Issue (i): Whether there was a valid assignment of rights by the original vendees in favour of Respondent Nos. 1 under the 1987 agreements.
Analysis: The right to seek specific performance could be enforced by an assignee only if the underlying contract was assignable in law and in fact. A party cannot assign contractual obligations without the other party's consent, and where the contract is of a personal nature or the bargain shows that performance was intended to remain confined to the contracting parties, assignment is impermissible unless consent is shown. The 1986 agreement involved mutual rights and obligations and the 1987 agreements, on their terms, effectively substituted liabilities and imposed new obligations relating to development of the property. The surrounding circumstances did not establish that the owners had accepted performance by Respondent Nos. 1 as assignees, and the conduct relied upon did not amount to consent to assignment.
Conclusion: There was no valid assignment of the original vendees' rights under the 1986 agreement in favour of Respondent Nos. 1, and they could not seek specific performance as representatives-in-interest.
Issue (ii): Whether the right of Respondent Nos. 1 to seek specific performance survived the cancellation of the 1986 agreement and withdrawal of the original vendees' suit.
Analysis: The 1987 agreements were contingent upon the original vendees first acquiring enforceable rights under the 1986 agreement and performing their obligations thereunder. Once the original vendees failed to pay the balance consideration within time and later withdrew their suit, their rights under the 1986 agreement did not fructify and were treated as abandoned. In these circumstances, the contingent arrangements embodied in the 1987 agreements could not be enforced, and no subsisting basis remained for specific performance against the owners.
Conclusion: The right to seek specific performance did not survive, and the 1987 agreements became unenforceable as against the owners.
Issue (iii): Whether any relief could be granted to Respondent Nos. 1, and if so, of what nature.
Analysis: Although specific performance was unavailable, the facts showed that Respondent Nos. 1 had paid earnest money under the 1987 agreements and had been deprived of the expected transaction. While no relief could be granted against the owners for want of privity of contract, compensation against the original vendees was justified for preventing performance of the reciprocal promises. The direction for refund of earnest money with interest was also maintained.
Conclusion: Respondent Nos. 1 were not entitled to specific performance, but were entitled to refund of earnest money with interest and damages against the original vendees.

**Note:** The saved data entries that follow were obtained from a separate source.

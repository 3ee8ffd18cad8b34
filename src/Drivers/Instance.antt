-- ===== src/Drivers/Instance.antt =====
-- src/drivers/driver_engine.cpp and .hpp, and the filters of src/drivers/lua/bindings: one driver
-- from its manifest to its end. What the Lua script and the Lua library answer is given with each
-- call. A confidence is counted in hundredths, as in the events.
pub mod Life
pub mod Safety
pub mod Delivery
pub mod Filters
use ezcap.Base.{
  ℕ, ◌+◌, ◌-◌, ◌*◌, ◌%◌, ◌^◌, min, Bool, true, false, not, ◌&&◌, ◌||◌, ◌==◌, List, [], ◌∷◌, ◌++◌,
  Option, none, some, ltb, leb, if◌then◌else◌, is_some, length, Text, text_eq,
}
use ezcap.Drivers.Manifest.{DriverManifest}
use ezcap.Drivers.Sandbox.{SandboxBudgets, default_budgets}
use ezcap.Model.Event.{Event}
use ezcap.Model.EventTypes.{
  event_type_name, event_type_from_name, transport_name, transport_from_name,
}
use ezcap.Policy.Redactor.{is_empty}

pub data DriverState : Type 0 where
  discovered loaded started quarantined failed : DriverState

pub record EngineLimits : Type 0 where
  pub max_concurrent_scripts : ℕ
  pub max_endpoints_per_driver : ℕ
  pub max_subscriptions_per_driver : ℕ
  pub max_events_per_second_per_driver : ℕ
  pub fault_threshold : ℕ
  pub sandbox_budgets : SandboxBudgets

-- The members' initialisers.
abbrev pub default_limits : EngineLimits
default_limits = record {
  max_concurrent_scripts = 16;
  max_endpoints_per_driver = 8;
  max_subscriptions_per_driver = 16;
  max_events_per_second_per_driver = 64;
  fault_threshold = 3;
  sandbox_budgets = default_budgets;
}

pub record DriverResourceLimits : Type 0 where
  pub max_endpoints : ℕ
  pub max_subscriptions : ℕ
  pub max_events_per_second : ℕ
  pub max_string_bytes : ℕ

pub record CaptureFilter : Type 0 where
  pub event_type : Text
  pub transport : Text
  pub min_confidence_permille : ℕ

-- A `DriverInstance` with its host state; `has_sandbox` is `sandbox_ != nullptr`, and `backoffs` are
-- the milliseconds that `record_fault` slept, the last one first, `none` for a count that C++ leaves
-- undefined.
pub record DriverInstance : Type 0 where
  pub state : DriverState
  pub faults : ℕ
  pub has_sandbox : Bool
  pub manifest : DriverManifest
  pub host_limits : DriverResourceLimits
  pub capture_filters : List CaptureFilter
  pub limits : EngineLimits
  pub backoffs : List (Option ℕ)

-- DriverInstance::DriverInstance.
unfoldable pub new_instance : DriverManifest → EngineLimits → DriverInstance
new_instance manifest limits = record {
  state = discovered;
  faults = 0;
  has_sandbox = false;
  manifest = manifest;
  host_limits = record {
    max_endpoints = min limits.max_endpoints_per_driver manifest.max_endpoints;
    max_subscriptions = min limits.max_subscriptions_per_driver manifest.max_subscriptions;
    max_events_per_second = limits.max_events_per_second_per_driver;
    max_string_bytes = limits.sandbox_budgets.max_string_bytes;
  };
  capture_filters = [];
  limits = limits;
  backoffs = [];
}

abbrev pub is_discovered : DriverState → Bool
is_discovered discovered = true
is_discovered _ = false

abbrev pub is_loaded : DriverState → Bool
is_loaded loaded = true
is_loaded _ = false

abbrev pub is_started : DriverState → Bool
is_started started = true
is_started _ = false

-- `min(25u << (faults - 1), 8000u)`, on 32-bit words; a shift by 32 or more is undefined.
unfoldable pub backoff_ms : ℕ → Option ℕ
backoff_ms faults =
    if (faults == 0) || ltb 32 faults
    then none
    else some (min (25 * 2 ^ (faults - 1) % 2 ^ 32) 8000)

unfoldable pub record_fault : DriverInstance → DriverInstance
unfolding backoff_ms
record_fault i =
    let faults = (i.faults + 1) % 2 ^ 32 in
    if leb i.limits.fault_threshold faults
    then record i { faults = faults; state = quarantined }
    else record i { faults = faults; backoffs = backoff_ms faults ∷ i.backoffs }

-- What the parts that `load` calls answer: `Sandbox::create`, `register_lezcap`, `load_source`, the
-- run of the chunk, whether `on_load` is a function, and its run.
pub record LoadAnswers : Type 0 where
  pub created : Bool
  pub registered : Bool
  pub compiled : Bool
  pub chunk_ok : Bool
  pub has_on_load : Bool
  pub on_load_ok : Bool

-- `state_ = Failed` and `sandbox_.reset()`.
abbrev pub fail_load : DriverInstance → Bool × DriverInstance
fail_load i = (false, record i { state = failed; has_sandbox = false })

unfoldable pub load : LoadAnswers → DriverInstance → Bool × DriverInstance
unfolding record_fault
load a i =
    if not (is_discovered i.state)
    then (false, i)
    else if not a.created
    then fail_load i
    else if not a.registered
    then fail_load i
    else if not a.compiled
    then fail_load i
    else if not a.chunk_ok
    then fail_load i
    else if not a.has_on_load
    then fail_load i
    else if not a.on_load_ok
    then fail_load (record_fault i)
    else (true, record i { state = loaded; has_sandbox = true })

-- `ok` is what `call_global` returns.
unfoldable pub start : Bool → DriverInstance → Bool × DriverInstance
unfolding record_fault
start ok i =
    if not (is_loaded i.state)
    then (false, i)
    else if not ok
    then (false, record_fault i)
    else (true, record i { state = started })

-- The loop over the manifest's types.
unfoldable pub is_listed : List Text → Text → Bool
is_listed [] name = false
is_listed (t ∷ types) name = if text_eq t name then true else is_listed types name

abbrev pub no_types : List Text → Bool
no_types [] = true
no_types (_ ∷ _) = false

unfoldable pub is_subscribed : DriverManifest → Event → Bool
unfolding is_listed
is_subscribed m e =
    if not (no_types m.event_types) then is_listed m.event_types (event_type_name e.type) else true

abbrev pub has_other_transport : Text → Event → Bool
has_other_transport transport e = elim e.network [
  | none ↦ false
  | some n ↦ not (text_eq transport (transport_name n.transport))
]

-- One filter lets the event through. A confidence of `c` hundredths is `c * 10` permille.
unfoldable pub passes : Event → CaptureFilter → Bool
passes e f =
    if not (is_empty f.event_type) && not (text_eq f.event_type (event_type_name e.type))
    then false
    else if not (is_empty f.transport) && has_other_transport f.transport e
    then false
    else if ltb 0 f.min_confidence_permille && ltb (e.confidence * 10) f.min_confidence_permille
    then false
    else true

unfoldable pub passes_filters : Event → List CaptureFilter → Bool
unfolding passes
passes_filters e [] = true
passes_filters e (f ∷ filters) = if passes e f then passes_filters e filters else false

-- With whether the script was called. `has_on_event` says whether it has the callback, `ok` whether
-- the callback ran without an error.
unfoldable pub on_event : Bool → Bool → Event → DriverInstance → Bool × DriverInstance
unfolding is_subscribed passes_filters record_fault
on_event has_on_event ok e i =
    if not (is_started i.state) || not i.has_sandbox
    then (false, i)
    else if not (is_subscribed i.manifest e)
    then (false, i)
    else if not (passes_filters e i.capture_filters)
    then (false, i)
    else if not has_on_event
    then (false, i)
    else if not ok
    then (true, record_fault i)
    else (true, i)

abbrev pub spend : DriverState → DriverState
spend started = discovered
spend loaded = discovered
spend s = s

-- The fault of `on_stop`, and then the teardown.
abbrev pub tear_down : DriverInstance → DriverInstance
tear_down i = record i { has_sandbox = false; state = spend i.state }

unfoldable pub stop : Bool → DriverInstance → DriverInstance
unfolding record_fault
stop ok i =
    if is_started i.state && i.has_sandbox && not ok
    then tear_down (record_fault i)
    else tear_down i

abbrev pub is_known_type : Text → Bool
is_known_type name = is_some (event_type_from_name name)

abbrev pub is_known_transport : Text → Bool
is_known_transport name = is_some (transport_from_name name)

-- The fields of the table that a script gives to `capture.register_filter`: an absent one is empty.
-- What Lua checks of their types is left out.
unfoldable pub register_filter : Text → Text → ℕ → DriverInstance → Bool × DriverInstance
register_filter event_type transport permille i =
    if leb i.host_limits.max_subscriptions (length i.capture_filters)
    then (false, i)
    else if ltb 32 (length event_type)
    then (false, i)
    else if not (is_empty event_type) && not (is_known_type event_type)
    then (false, i)
    else if ltb 8 (length transport)
    then (false, i)
    else if not (is_empty transport) && not (is_known_transport transport)
    then (false, i)
    else if ltb 1000 permille
    then (false, i)
    else (
      true,
      record i {
        capture_filters =
            i.capture_filters
            ++ record {
              event_type = event_type;
              transport = transport;
              min_confidence_permille = permille;
            }
              ∷ [];
      },
    )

Final Conclusion: The impugned judgment was set aside, the claims for specific performance failed, and the appeals succeeded only to the extent that monetary relief was substituted for the decree of specific performance.
Ratio Decidendi: A contract combining mutual rights and obligations cannot be specifically enforced by an assignee unless the contract is assignable in law and the other party has consented, expressly or impliedly, to transfer of the contractual burden and benefit; where the original contract remains contingent and the original promisee has not performed or persisted in performance, specific performance by the alleged assignee is unavailable.